Should a line below contain the word "RoundTrip", report it.

Collected data entries
----------------

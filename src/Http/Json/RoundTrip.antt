-- ===== src/Http/Json/RoundTrip.antt =====
-- On internal/httpapi/fastresp.go and internal/model/fastjson.go: a point that the API prints, as the
-- API reads it.
use the_500mb_club_challenge.Prelude.{
  ℕ, ◌^◌, ◌≡◌, refl, ap, ◌∙◌, true, some, Bool-cases, inl, inr, List, [], ◌∷◌, ◌++◌, append_assoc,
  if◌then◌else◌, Bytes, codes, All,
}
use the_500mb_club_challenge.Prelude.Int.{pos, ◌<ℤ◌}
use the_500mb_club_challenge.Golang.Float64.{Float64, abs_float}
use the_500mb_club_challenge.Golang.Strconv.{format_int}
use the_500mb_club_challenge.Model.Point.{Point, IsValid, fields, to_point-fields}
use the_500mb_club_challenge.Model.Scan.Object.{
  Field, lat, lon, battery, ax, ay, az, parse_point, no_fields,
}
use the_500mb_club_challenge.Model.Scan.Number.{IsNumber}
use the_500mb_club_challenge.Model.Scan.Spelled.{
  Entry, IsEntry, entries_text, set_entries, object_text, scan_point_json-object_text,
}
use the_500mb_club_challenge.Model.Scan.Numeral.{positive_cases}
use the_500mb_club_challenge.Http.Json.{
  float_format, append_json_float, append_battery, append_point_json,
}

module _ (format_float : Float64 → ℕ → Bytes) where
  -- A value of magnitude 0, or from 1e-6 to below 1e21, whose digits read back as itself.
  pub record IsPrinted (v : Float64) : Type 0 where
    pub plain : float_format (abs_float v) ≡ b'f'
    pub reads : IsNumber (format_float v b'f') v

  pub record IsPrintedPoint (p : Point) : Type 0 where
    pub lat : IsPrinted p.lat
    pub lon : IsPrinted p.lon
    pub battery : p.has_battery ≡ true → IsPrinted p.battery
    pub ax : IsPrinted p.ax
    pub ay : IsPrinted p.ay
    pub az : IsPrinted p.az

  append_json_float-plain :
      (dst key rest : Bytes) (v : Float64)
      → IsPrinted v
      → append_json_float format_float (dst ++ key) v ++ rest
        ≡ dst ++ (key ++ (format_float v b'f' ++ rest))
  unfolding append_json_float
  append_json_float-plain dst key rest v h =
      rw (append_json_float, h.plain)
        (append_assoc (dst ++ key) (format_float v b'f') rest
          ∙ append_assoc dst key (format_float v b'f' ++ rest))

  entry : Field → Float64 → Entry
  entry f v = (f, (format_float v b'f', v))

  tail_entries : Point → List Entry
  unfolding entry
  tail_entries p = entry ax p.ax ∷ entry ay p.ay ∷ entry az p.az ∷ []

  point_entries : Point → List Entry
  unfolding tail_entries
  point_entries p =
      entry lat p.lat
      ∷ entry lon p.lon
      ∷ (if p.has_battery then entry battery p.battery ∷ tail_entries p else tail_entries p)

  -- The accelerations and the brace, whatever stands before.
  tail-text :
      (dst : Bytes) (p : Point)
      → IsPrintedPoint p
      → append_json_float format_float
            (append_json_float format_float
                (append_json_float format_float (dst ++ codes ",\"ax\":") p.ax ++ codes ",\"ay\":")
                p.ay
              ++ codes ",\"az\":")
            p.az
          ++ b'}' ∷ []
        ≡ dst ++ entries_text (tail_entries p)
  unfolding tail_entries
  tail-text dst p h =
      let ax_dst = append_json_float format_float (dst ++ codes ",\"ax\":") p.ax in
      let ay_dst = append_json_float format_float (ax_dst ++ codes ",\"ay\":") p.ay in
      append_json_float-plain ay_dst (codes ",\"az\":") (b'}' ∷ []) p.az h.az
      ∙ append_json_float-plain ax_dst (codes ",\"ay\":") (entries_text (entry az p.az ∷ [])) p.ay
          h.ay
      ∙ append_json_float-plain dst (codes ",\"ax\":")
          (entries_text (entry ay p.ay ∷ entry az p.az ∷ [])) p.ax h.ax

  battery-text :
      (dst : Bytes) (p : Point)
      → IsPrintedPoint p
      → append_battery format_float dst p ++ entries_text (tail_entries p)
        ≡ dst
          ++ entries_text
              (if p.has_battery then entry battery p.battery ∷ tail_entries p else tail_entries p)
  unfolding append_battery entry tail_entries
  battery-text dst p h = elim (Bool-cases p.has_battery) [
    | inl b ↦
        rw (append_battery, b)
          (append_json_float-plain dst (codes ",\"battery\":") (entries_text (tail_entries p))
            p.battery (h.battery b))
    | inr b ↦ rw (append_battery, b) refl
  ]

  append_point_json-object_text :
      (p : Point) (n : ℕ)
      → p.ts ≡ pos n
      → IsPrintedPoint p
      → append_point_json format_float [] p ≡ object_text n (point_entries p)
  unfolding append_point_json point_entries
  append_point_json-object_text p n e h =
      let ts_dst : Bytes = codes "{\"ts\":" ++ format_int p.ts in
      let lat_dst = append_json_float format_float (ts_dst ++ codes ",\"lat\":") p.lat in
      let lon_dst = append_json_float format_float (lat_dst ++ codes ",\"lon\":") p.lon in
      let rest =
        if p.has_battery then entry battery p.battery ∷ tail_entries p else tail_entries p in
      tail-text (append_battery format_float lon_dst p) p h
      ∙ battery-text lon_dst p h
      ∙ append_json_float-plain lat_dst (codes ",\"lon\":") (entries_text rest) p.lon h.lon
      ∙ append_json_float-plain ts_dst (codes ",\"lat\":") (entries_text (entry lon p.lon ∷ rest))
          p.lat h.lat
      ∙ append_assoc (codes "{\"ts\":") (format_int p.ts) (entries_text (point_entries p))
      ∙ ap (λ t. codes "{\"ts\":" ++ (format_int t ++ entries_text (point_entries p))) e

  point_entries-IsEntry : (p : Point) → IsPrintedPoint p → All IsEntry (point_entries p)
  unfolding point_entries
  point_entries-IsEntry p h = elim (Bool-cases p.has_battery) [
    | inl b ↦ rw b (
      h.lat.reads,
      (h.lon.reads, ((h.battery b).reads, (h.ax.reads, (h.ay.reads, (h.az.reads, tt))))),
    )
    | inr b ↦ rw b (h.lat.reads, (h.lon.reads, (h.ax.reads, (h.ay.reads, (h.az.reads, tt)))))
  ]

  set_entries-fields :
      (p : Point) (n : ℕ)
      → p.ts ≡ pos n
      → set_entries (point_entries p) (record no_fields { ts = some (pos n) }) ≡ fields p
  unfolding point_entries fields
  set_entries-fields p n e = elim (Bool-cases p.has_battery) [
    | inl b ↦ rw (b, e) refl
    | inr b ↦ rw (b, e) refl
  ]

  -- A valid point that the API prints is read back by ParsePoint as the same point, if its
  -- timestamp fits an int64 and each of its floats is 0 or of a magnitude from 1e-6 to below 1e21
  -- and gets from strconv.AppendFloat a number literal that reads back as itself.
  pub parse_point-append_point_json :
      (p : Point)
      → IsValid p
      → p.ts <ℤ pos (2 ^ 63)
      → IsPrintedPoint p
      → parse_point (append_point_json format_float [] p) ≡ some p
  unfolding parse_point
  parse_point-append_point_json p v m h =
      let (n, e, l, k) = positive_cases p.ts v.ts m in
      ap parse_point (append_point_json-object_text p n e h)
      ∙ rw
          (
            scan_point_json-object_text n (point_entries p) l k (point_entries-IsEntry p h),
            set_entries-fields p n e,
          )
          (to_point-fields p v)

----------------

[Answer space]:
filename src/Http/Json/RoundTrip.antt
-- ===== src/Http/Json/RoundTrip.antt =====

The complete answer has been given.